Mine had multiple causes and each one took a different approach; just know that more likely than not you can recover also!

So my DP/DR was first induced while high on marijuana. I started noticing weird symptoms: brain zaps, flashing lights, tunnel vision. Soon after that I flipped out and went into a full blown panic attack: racing heart rate, feelings of doom, thinking I was loosing it, feelings of unreality and depersonalization. This was the worst panic attack of my life; at times I was shaking almost uncontrollably and remember trying to make some food to calm myself down and I could barely hold on to a utensil.

The next day I felt odd; things looked surreal. The derealization was the most prominent, but I also had a good deal of depersonalization as well. I suffer from OCD so descended into an obsession of all the worst case scenarios: going crazy, loosing my mind, I broke my conscious with weed, what if I get schizo...etc. Sounds familiar right? From that day I quit smoking marijuana, the first step to recovery.

In addition during this time I was fighting depression induced from a concussion after getting hit by a car on the road, this also caused PTSD. Needless to say I was really going through hell.
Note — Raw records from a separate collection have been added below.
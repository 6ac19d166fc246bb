-- ===== src/KvCache/Tests.antt =====
-- A model with one layer, and an extractor that keeps its nodes.
use graph_extraction.Base.{
  ℕ, ◌+◌, ◌≡◌, ◌≢◌, refl, sym, ap, String, false, none, some, List, [], ◌∷◌, ◌++◌, arith, eq_iff,
  str_eq,
}
use graph_extraction.Base.Dict.{Dict, lookup, insert}
use graph_extraction.Base.Texts.{mem}
use graph_extraction.Base.Decimal.{show}
use graph_extraction.Config.{ModelConfig}
use graph_extraction.Onnx.{Node, Graph}
use graph_extraction.Onnx.Meaning.{run}
use graph_extraction.KvCache.{
  ok, raised, file_not_found, check_block_prefix, sublayer_tensor_name, layer0_nodes, produced,
  find_node, outside, boundary_for_index, past_kv_input_names, count_layers, rename_tensor,
}
use graph_extraction.KvCache.Names.{boundary_name-inj}
use graph_extraction.KvCache.Layers.{count_layers-past_kv_input_names}
use graph_extraction.KvCache.Rename.{rename_tensor-run}
use graph_extraction.KvCache.Files.{
  Onnx, KvSublayer, boundary_tensor, ensure_kv_cache_sublayer, kv_cache_model_path, keep_inputs,
  used_names,
}
use graph_extraction.KvCache.Sublayer.{IsExtractor, ensure_kv_cache_sublayer_again}

boundary_name-inj_example : ◌≡◌ {A = ℕ} 24 24
boundary_name-inj_example =
    boundary_name-inj {A = Unit {0}} "/transformer/h" none 24 24 (omega arith) (omega arith) refl

final_boundary : boundary_for_index 24 ≡ (11, "mlp_out")
unfolding boundary_for_index
final_boundary = refl

count_layers-past_kv_input_names_example :
    count_layers (past_kv_input_names 12 ++ "input_ids" ∷ "attention_mask" ∷ [])
    ≡ 12 + count_layers ("input_ids" ∷ "attention_mask" ∷ [])
count_layers-past_kv_input_names_example =
    count_layers-past_kv_input_names 12 ("input_ids" ∷ "attention_mask" ∷ [])

-- Each node gives the first of its inputs, one larger.
abbrev step : Unit {0} → List ℕ → List ℕ
step u [] = []
step u (x ∷ xs) = (x + 1) ∷ []

abbrev attn : Node (Unit {0})
attn = record { name = "/m.0/attn"; attrs = tt; input = "emb" ∷ []; output = "ctx" ∷ [] }

abbrev add : Node (Unit {0})
add = record {
  name = "/m.0/Add";
  attrs = tt;
  input = "emb" ∷ "ctx" ∷ [];
  output = "/m.0/Add_output_0" ∷ [];
}

abbrev add_1 : Node (Unit {0})
add_1 = record {
  name = "/m.0/Add_1";
  attrs = tt;
  input = "/m.0/Add_output_0" ∷ [];
  output = "/m.0/Add_1_output_0" ∷ [];
}

abbrev model : Graph (Unit {0})
model = record {
  node = attn ∷ add ∷ add_1 ∷ [];
  input = "input_ids" ∷ "past_key_values.0.key" ∷ "past_key_values.0.value" ∷ [];
  output = "logits" ∷ [];
  value_info = [];
}

apart : (s t : String) → str_eq s t ≡ false → s ≢ t
apart s t h e = absurd (ground (arith, h, (eq_iff s t).1 e))

rename_tensor-run_example :
    (run step (rename_tensor "emb" "hidden_in" model).node (λ x. 5) "hidden_in"
      ≡ run step model.node (λ x. 5) "emb")
    × ((x : String)
        → x ≢ "emb"
        → x ≢ "hidden_in"
        → run step (rename_tensor "emb" "hidden_in" model).node (λ x. 5) x
          ≡ run step model.node (λ x. 5) x)
rename_tensor-run_example =
    rename_tensor-run step "emb" "hidden_in" model (λ x. 5) (λ x. 5)
      (
        ((apart "emb" "hidden_in" refl, tt), (apart "ctx" "hidden_in" refl, tt)),
        (
          (
            (apart "emb" "hidden_in" refl, (apart "ctx" "hidden_in" refl, tt)),
            (apart "/m.0/Add_output_0" "hidden_in" refl, tt),
          ),
          (
            (
              (apart "/m.0/Add_output_0" "hidden_in" refl, tt),
              (apart "/m.0/Add_1_output_0" "hidden_in" refl, tt),
            ),
            tt,
          ),
        ),
      )
      refl (λ x a b. refl) (apart "emb" "hidden_in" refl)

abbrev keeping : Onnx (Unit {0})
keeping = record {
  infer_shapes = λ g. g;
  extract_model = λ g ins outs. ok (record g { input = ins; output = outs });
  export = λ model. raised file_not_found;
}

keeping-IsExtractor : IsExtractor keeping
keeping-IsExtractor = record { inputs = λ g g' ins outs e. inputs_of g g' ins outs e }
  where
    inputs_of :
        (g g' : Graph (Unit {0})) (ins outs : List String)
        → ok (record g { input = ins; output = outs }) ≡ ok g'
        → g'.input ≡ ins
    inputs_of g g' ins outs e =
        let h : record g { input = ins; output = outs } ≡ g' = ground (arith, e) in
        sym (ap (λ (k : Graph (Unit {0})). k.input) h)

abbrev cfg : ModelConfig
cfg = record {
  name = "toy";
  model = "toy/model";
  vocab_size = 10;
  batch = 2;
  seq = 4;
  d_model = 8;
  input_name = "input_ids";
  sublayers = [];
  batch_by_node = [];
  block_prefix = some "/m";
}

abbrev files : Dict (Graph (Unit {0}))
files = ("onnx_models/toy/kv_cache_export/model.onnx", model) ∷ []

is_boundary_0 : boundary_tensor keeping cfg "mauao" model 0 ≡ ok "emb"
unfolding boundary_tensor check_block_prefix sublayer_tensor_name boundary_for_index layer0_nodes
    produced find_node outside
is_boundary_0 = refl

is_boundary_1 : boundary_tensor keeping cfg "mauao" model 1 ≡ ok "/m.0/Add_output_0"
unfolding boundary_tensor check_block_prefix sublayer_tensor_name boundary_for_index show
is_boundary_1 = refl

abbrev sub : KvSublayer
sub = record {
  path = "onnx_models/toy/kv_cache_export/sublayer.0.1.forward.onnx";
  j_in = 0;
  layer_idx = some 0;
  extra_inputs = [];
}

abbrev files' : Dict (Graph (Unit {0}))
files' =
    insert "onnx_models/toy/kv_cache_export/sublayer.0.1.forward.onnx"
      (rename_tensor "/m.0/Add_output_0" "hidden_out" (
        rename_tensor "emb" "hidden_in"
          (record model { input = "emb" ∷ []; output = "/m.0/Add_output_0" ∷ [] })))
      files

is_cut : ensure_kv_cache_sublayer keeping cfg "mauao" 0 none false files ≡ ok (sub, files')
unfolding ensure_kv_cache_sublayer boundary_tensor check_block_prefix sublayer_tensor_name
    boundary_for_index layer0_nodes produced find_node outside show lookup insert rename_tensor
    keep_inputs used_names mem
is_cut = refl

ensure_kv_cache_sublayer_again_example :
    ensure_kv_cache_sublayer keeping cfg "mauao" 0 none false files' ≡ ok (sub, files')
unfolding lookup kv_cache_model_path
ensure_kv_cache_sublayer_again_example =
    ensure_kv_cache_sublayer_again keeping cfg "mauao" keeping-IsExtractor model 0 "emb"
      "/m.0/Add_output_0" is_boundary_0 is_boundary_1 (apart "emb" "/m.0/Add_output_0" refl)
      (apart "/m.0/Add_output_0" "hidden_in" refl)
      (
        (apart "input_ids" "hidden_in" refl, apart "input_ids" "/m.0/Add_output_0" refl),
        (
          (
            apart "past_key_values.0.key" "hidden_in" refl,
            apart "past_key_values.0.key" "/m.0/Add_output_0" refl,
          ),
          (
            (
              apart "past_key_values.0.value" "hidden_in" refl,
              apart "past_key_values.0.value" "/m.0/Add_output_0" refl,
            ),
            tt,
          ),
        ),
      )
      none false files files' sub refl is_cut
For the next month I fed this cycle with increasing anxiety and rumination. Spending hours and hours online trying to pinpoint every symptom. I would literally check every environmental sound and try to verify it as a hallucination or not (thanks OCD....). Next my longtime girlfriend broke up with me seemingly out of the blue; this also hit me hard and my depression worsened.

At this point I was really at my lowest, and I started experiencing daily head sensations/headaches: sharp pains and pressure sensations mostly on my right side, daily head zaps, tingly feelings...etc

From here I was determined to recover, so I began a routine of acceptance and healthy practices. I accepted every and all symptom that I could. Tried to socialize as much as I could, ate healthy (lots of fish and veggies), and increased my exercise. Living with DP/DR isn't easy, but it can be done. The more I began to accept my symptoms the easier it became. For the next couple of months I did this and probably improved about 70-80%.

The rest is probably unique to me. I had been to a couple of doctors who wrote off my head symptoms as anxiety related. Finally I went to a neurologist who diagnosed me with occipital neuralgia (which is like a chronic low grade migraine) + actual migraines. It was caused by irritation and inflammation to my occipital nerve sustained during my head injury. I was put on an old tricyclic antidepressant (nortriptyline) which ironically is used to treat nerve pain and migraines, as well as depression.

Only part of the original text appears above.